42 Assignment 3

Due 11:59pm Tuesday June 20

You may choose to complete the assignment working closely with another student in this class. If you choose to do this, you only need to submit one joint assignment (i.e., one file for both of you). Please make sure to put both of your names on the assignment.

Although you may complete this assignment jointly, you may participate in a learning group of any size to complete the assignment, but please only submit your own work (i.e., do not copy another group or persons work).

Please save the file as Yourlastnames_Assignment3 and upload it to Canvas. Your two-person group only needs to submit a single file, but make both of your names are listed.
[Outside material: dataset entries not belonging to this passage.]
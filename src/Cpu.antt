-- ===== src/Cpu.antt =====
-- src/cpu.c: the processor's reset, external interrupts, and the execution of one instruction.
pub mod Valid
pub mod Zero
use riscv_simulator.Prelude.{ℕ, true, false, ◌+◌, bit_and, bit_or, ◌==◌, if◌then◌else◌}
use riscv_simulator.Prelude.{update, u64, shl32, shl64, sext32, ◌>>>◌}
use riscv_simulator.Defs.{
  opcode, rd_field, opcode_load, opcode_misc_mem, opcode_op_imm, opcode_auipc, opcode_op_imm_32,
  opcode_store, opcode_amo, opcode_op, opcode_lui, opcode_op_32, opcode_op_fp, opcode_branch,
  opcode_jalr, opcode_jal, opcode_system,
}
use riscv_simulator.CsrDefs.{csr_mip, mip_meip, prv_m}
use riscv_simulator.State.{Cpu, Clint, Plic, Uart, set_register, set_csr}
use riscv_simulator.Mmu.{init_mmu}
use riscv_simulator.Exception.{handle_interrupt}
use riscv_simulator.Csr.{execute_system_instruction}
use riscv_simulator.Inst.Decode.{imm_u}
use riscv_simulator.Inst.RType.{execute_r_type_instruction}
use riscv_simulator.Inst.IType.{execute_i_type_instruction}
use riscv_simulator.Inst.Words.{execute_i_32_type_instruction, execute_r_32_type_instruction}
use riscv_simulator.Inst.Load.{execute_load_instruction}
use riscv_simulator.Inst.Store.{execute_s_type_instruction}
use riscv_simulator.Inst.Branch.{execute_b_type_instruction}
use riscv_simulator.Inst.Jump.{execute_j_type_instruction}
use riscv_simulator.Inst.Fence.{execute_misc_mem_instructions}
use riscv_simulator.Inst.Atomic.{execute_atomic_instruction}
use riscv_simulator.Inst.Float.{Fpu, execute_f_extension_instruction}

-- The fields that the code does not assign keep their value.
unfoldable pub cpu_init : Cpu → (ℕ → ℕ) → Clint → Plic → Uart → Cpu
cpu_init cpu memory clint plic uart = record cpu {
  pc = 0;
  priv = prv_m;
  memory = memory;
  interrupt_pending = false;
  fast_mode = false;
  registers = λ _. 0;
  fregisters = λ _. 0;
  csr = λ _. 0;
  mmu = init_mmu cpu.mmu;
  current_priority = 0;
  clint = clint;
  plic = plic;
  uart = uart;
}

-- `interrupt_id` is not negative at its one call.
unfoldable pub trigger_interrupt : Cpu → ℕ → Cpu
trigger_interrupt cpu interrupt_id =
    let plic = cpu.plic in
    let word = interrupt_id >>> 5 in
    let raised = record cpu {
      plic = record plic {
        pending =
            update plic.pending word
              (bit_or (plic.pending word) (shl32 1 (bit_and interrupt_id 0x1F)));
      };
    } in
    set_csr raised csr_mip (bit_or (raised.csr csr_mip) mip_meip)

-- The cases of `cpu_execute` that it works out itself.
unfoldable pub auipc : Cpu → ℕ → Cpu
auipc cpu instruction =
    set_register cpu (rd_field instruction) (u64 (cpu.pc + shl64 (sext32 (imm_u instruction)) 12))

unfoldable pub lui : Cpu → ℕ → Cpu
lui cpu instruction = set_register cpu (rd_field instruction) (bit_and instruction 0xFFFFF000)

-- `cpu->pc_updated = true`
unfoldable pub pc_set : Cpu → Cpu
pc_set cpu = record cpu { pc_updated = true }

-- What stands before and behind the `switch`.
unfoldable pub before : Cpu → Cpu
before cpu = record (set_register cpu 0 0) { pc_updated = false }

unfoldable pub after : Cpu → Cpu
after cpu =
    let advanced = record cpu { pc = if cpu.pc_updated then cpu.pc else u64 (cpu.pc + 4) } in
    set_register advanced 0 0

module _ (fpu : Fpu) where
  -- The `switch` over the opcode.
  unfoldable pub dispatch : Cpu → ℕ → Cpu
  dispatch cpu instruction =
      let op = opcode instruction in
      if op == opcode_op
      then execute_r_type_instruction cpu instruction
      else if op == opcode_op_imm
      then execute_i_type_instruction cpu instruction
      else if op == opcode_store
      then execute_s_type_instruction cpu instruction
      else if op == opcode_load
      then execute_load_instruction cpu instruction
      else if op == opcode_auipc
      then auipc cpu instruction
      else if op == opcode_lui
      then lui cpu instruction
      else if op == opcode_branch
      then pc_set (execute_b_type_instruction cpu instruction)
      else if op == opcode_jal
      then pc_set (execute_j_type_instruction cpu instruction)
      else if op == opcode_jalr
      then pc_set (execute_j_type_instruction cpu instruction)
      else if op == opcode_op_imm_32
      then execute_i_32_type_instruction cpu instruction
      else if op == opcode_op_32
      then execute_r_32_type_instruction cpu instruction
      else if op == opcode_misc_mem
      then execute_misc_mem_instructions cpu instruction
      else if op == opcode_system
      then execute_system_instruction cpu instruction
      else if op == opcode_amo
      then execute_atomic_instruction cpu instruction
      else if op == opcode_op_fp
      then execute_f_extension_instruction fpu cpu instruction
      else cpu

  unfoldable pub cpu_execute : Cpu → ℕ → Cpu
  cpu_execute cpu instruction = (handle_interrupt (after (dispatch (before cpu) instruction))).1
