-- ===== src/Keyring/Rekeyed.antt =====
-- packages/keyring/src/keyring.ts and passphrase.ts: a store that is begun anew, and the key that is
-- given again.
use copy_clipboard_app.Base.{
  ℕ, zero, suc, ◌+◌, ◌≤◌, false, ◌≡◌, refl, ap, inl, inr, Option, none, some, [], ◌∷◌, length, take,
  drop, arith, Option-cases,
}
use copy_clipboard_app.Protocol.Types.{Bytes}
use copy_clipboard_app.Protocol.Result.{ok}
use copy_clipboard_app.Keyring.Backend.{AgentPlatform, probe_backend, is_unprotected}
use copy_clipboard_app.Keyring.KeyFile.{
  Crypto, IsCrypto, read_key_file, serialise_key_file, read_key_file-serialise_key_file,
  master_key_bytes,
}
use copy_clipboard_app.Keyring.Unlocking.{
  os_keyring, Disk, Keyring, Moment, returned, complete, new_keyring, set_key_file, unlocked,
  wrapped_file, get_or_create_master_key, lock, emptied, feeds, count_reads, count_lines,
  rekey_after_corruption,
}

feeds-split : (n : ℕ) (bytes : Bytes) → feeds (take n bytes) + feeds (drop n bytes) ≡ feeds bytes
feeds-split zero bytes = omega arith
feeds-split (suc n) [] = omega arith
feeds-split (suc n) (b ∷ bs) = ground (arith, feeds-split n bs)

length-drop : (n : ℕ) (bytes : Bytes) → length (drop n bytes) ≤ length bytes
length-drop zero bytes = omega arith
length-drop (suc n) [] = omega arith
length-drop (suc n) (b ∷ bs) = omega (arith, length-drop n bs)

count_reads_lem :
    (n fuel : ℕ) (bytes : Bytes)
    → length bytes ≤ fuel
    → count_reads (suc n) fuel bytes ≡ feeds bytes
unfolding count_reads
count_reads_lem n zero [] h = refl
count_reads_lem n zero (b ∷ bs) h = omega arith
count_reads_lem n (suc fuel) [] h = refl
count_reads_lem n (suc fuel) (b ∷ bs) h =
    rw (count_reads_lem n fuel (drop n bs) (omega (arith, length-drop n bs)))
      (feeds-split (suc n) (b ∷ bs))

-- The number of line feeds of a log, none if there is no log
abbrev pub feeds_of : Option Bytes → ℕ
feeds_of none = 0
feeds_of (some log) = feeds log

-- The loop over reads counts every line feed of the log, however long that is.
pub count_lines_lem : (log : Option Bytes) → count_lines log ≡ feeds_of log
unfolding count_lines
count_lines_lem none = refl
count_lines_lem (some log) = count_reads_lem 65535 (length log) log (omega arith)

module _ (c : Crypto) (law : IsCrypto c) (platform : AgentPlatform) where
  abbrev pub IsProtected : Moment → Type 0
  IsProtected m = is_unprotected (probe_backend platform m.probe).strength ≡ false

  abbrev key_disk : Bytes → Disk → Disk
  key_disk key d = record {
    key_file = some (serialise_key_file c (wrapped_file c key));
    log = d.log;
    blobs = d.blobs;
  }

  created :
      (m : Moment) (s : Keyring)
      → s.master_key ≡ none
      → s.disk.key_file ≡ none
      → IsProtected m
      → m.denied ≡ false
      → m.write ≡ complete
      → get_or_create_master_key c platform m s ≡ (
          let key = m.random master_key_bytes in
          unlocked os_keyring key
            (set_key_file (some (serialise_key_file c (wrapped_file c key))) s))
  unfolding get_or_create_master_key read_key_file
  created m s h f strong d w = simp (h, f, strong, d, w)

  reopened :
      (m : Moment) (key : Bytes) (d : Disk)
      → IsProtected m
      → m.denied ≡ false
      → length key ≡ master_key_bytes
      → get_or_create_master_key c platform m (new_keyring (key_disk key d))
        ≡ unlocked os_keyring key (new_keyring (key_disk key d))
  unfolding get_or_create_master_key
  reopened m key d strong e l = simp (
    strong,
    e,
    read_key_file-serialise_key_file c law (wrapped_file c key),
    law.decoded (c.encrypt_string (c.to_base64 key)),
    law.decrypted (c.to_base64 key),
    law.decoded key,
    l,
  )

  locked_key : (s : Keyring) → (lock s).master_key ≡ none
  unfolding lock
  locked_key s = elim (Option-cases s.master_key) [ inl e ↦ simp e refl | inr (k, e) ↦ simp e refl ]

  locked_disk : (s : Keyring) → (emptied (lock s)).master_key ≡ none
  locked_disk s = locked_key s

  -- After `rekeyAfterCorruption`, if the operating system protects the key and its file is written
  -- whole: the answer is the number of line feeds that the old log had; the log and the blobs are gone;
  -- the key in use is the one that was drawn at random; and when the program starts again, it is given
  -- that key.
  pub rekey_after_corruption_lem :
      (m later : Moment) (s : Keyring)
      → IsProtected m
      → IsProtected later
      → m.denied ≡ false
      → later.denied ≡ false
      → m.write ≡ complete
      → length (m.random master_key_bytes) ≡ master_key_bytes
      → (let r = rekey_after_corruption c platform m s in
          let key = m.random master_key_bytes in
          (r.0 ≡ returned (ok (feeds_of s.disk.log)))
          × (r.1.master_key ≡ some key)
          × (r.1.disk.log ≡ none)
          × (r.1.disk.blobs ≡ [])
          × ((get_or_create_master_key c platform later (new_keyring r.1.disk)).0
              ≡ returned (ok key)))
  unfolding rekey_after_corruption
  rekey_after_corruption_lem m later s strong again d d' w l =
      let fresh = created m (emptied (lock s)) (locked_disk s) refl strong d w in
      let gone : Disk = record { key_file = none; log = none; blobs = [] } in
      let given = reopened later (m.random master_key_bytes) gone again d' l in
      rw (strong, fresh, count_lines_lem s.disk.log) (refl, refl, refl, refl, ap (λ r. r.0) given)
Make sure to show all of your work and computer code, so that your mathematical and numerical results are easily reproducible. Also, please note that about 15% of this assignment grade will involve making the document you submit look professional (e.g., no typos, plots and figures that are easy to read and have labels, no awkward or sloppy formatting, etc).

  1. For the observed response \(\mathbf{y}\) and model matrix \(\mathbf{X}\) below, calculate an estimate of \(\boldsymbol{\beta}\equiv(\beta_0,\beta_1)\) that minimizes \(\sum_{i=1}^{n}(y_i-\mathbf{x}_{i}^{\prime}\boldsymbol{\beta})^2\) by hand (showing each step) and not using a computer. You may include you work by typesetting each steps using mathematical notation or by including a photo of your hand written work.

\[\mathbf{y}=(6.6,2.2,-1.1)^{\prime}\] \[\mathbf{X}=\left[\begin{array}{cc} 1 & 2\\ 1 & 5\\ 1 & 6 \end{array}\right]\]

  1. In the R code below, I provide a data set that I obtained from the National Oceanic and Atmospheric Administration (NOAA). The documentation is available here (link). Please write a short 4-5 sentence description of the data (e.g., Where were the data collected? What is being measured?).
library(lubridate)
url <- "https://www.dropbox.com/s/asw6gtq7pp1h0bx/manhattan_temp_data.csv?dl=1"
df.temp <- read.csv(url)
df.temp$DATE <- ymd(df.temp$DATE)
df.temp$days <- df.temp$DATE - min(df.temp$DATE)
plot(df.temp$DATE,df.temp$TOBS,xlab="Date",ylab="Temperature")
  1. I have always wondered if the temperature in Manhattan has increased over a long time period (i.e., perhaps a local effect of global climate change). Write out a linear model that enables you to determine if the temperature has increased over a long time period. Make sure to explain each component of your linear model.

  2. Estimate the parameters for the linear model you wrote out in question 3 by fitting this model to the data from question 2. You may use whatever loss function you think is most appropriate.

  3. Using the same data set from problem 2, estimate \(\boldsymbol{\beta}\) in the linear model \(\mathbf{y}=\beta_{0}+\beta_{1}\mathbf{x}+\boldsymbol{\varepsilon}\), where \(\mathbf{y}\) is the temperature at the time of observation and and \(\mathbf{x}\) is the days since the first record.

    1. Estimate \(\boldsymbol{\beta}\) using the squared distance as a measure of discrepancy between the data and the model.
    2. Estimate \(\boldsymbol{\beta}\) using the absolute distance as a measure of discrepancy between the data and the model.
    3. Plot both “lines of best” fit from parts a and b along with the data.
    4. Calculate the expected temperature for the year 2050 using the estimate of \(\boldsymbol{\beta}\) obtained from parts a and b.
    5. In 3-5 sentences, explain how your predictions of temperature for the year 2050 use or fail to use the idea of “probabilistic thinking.”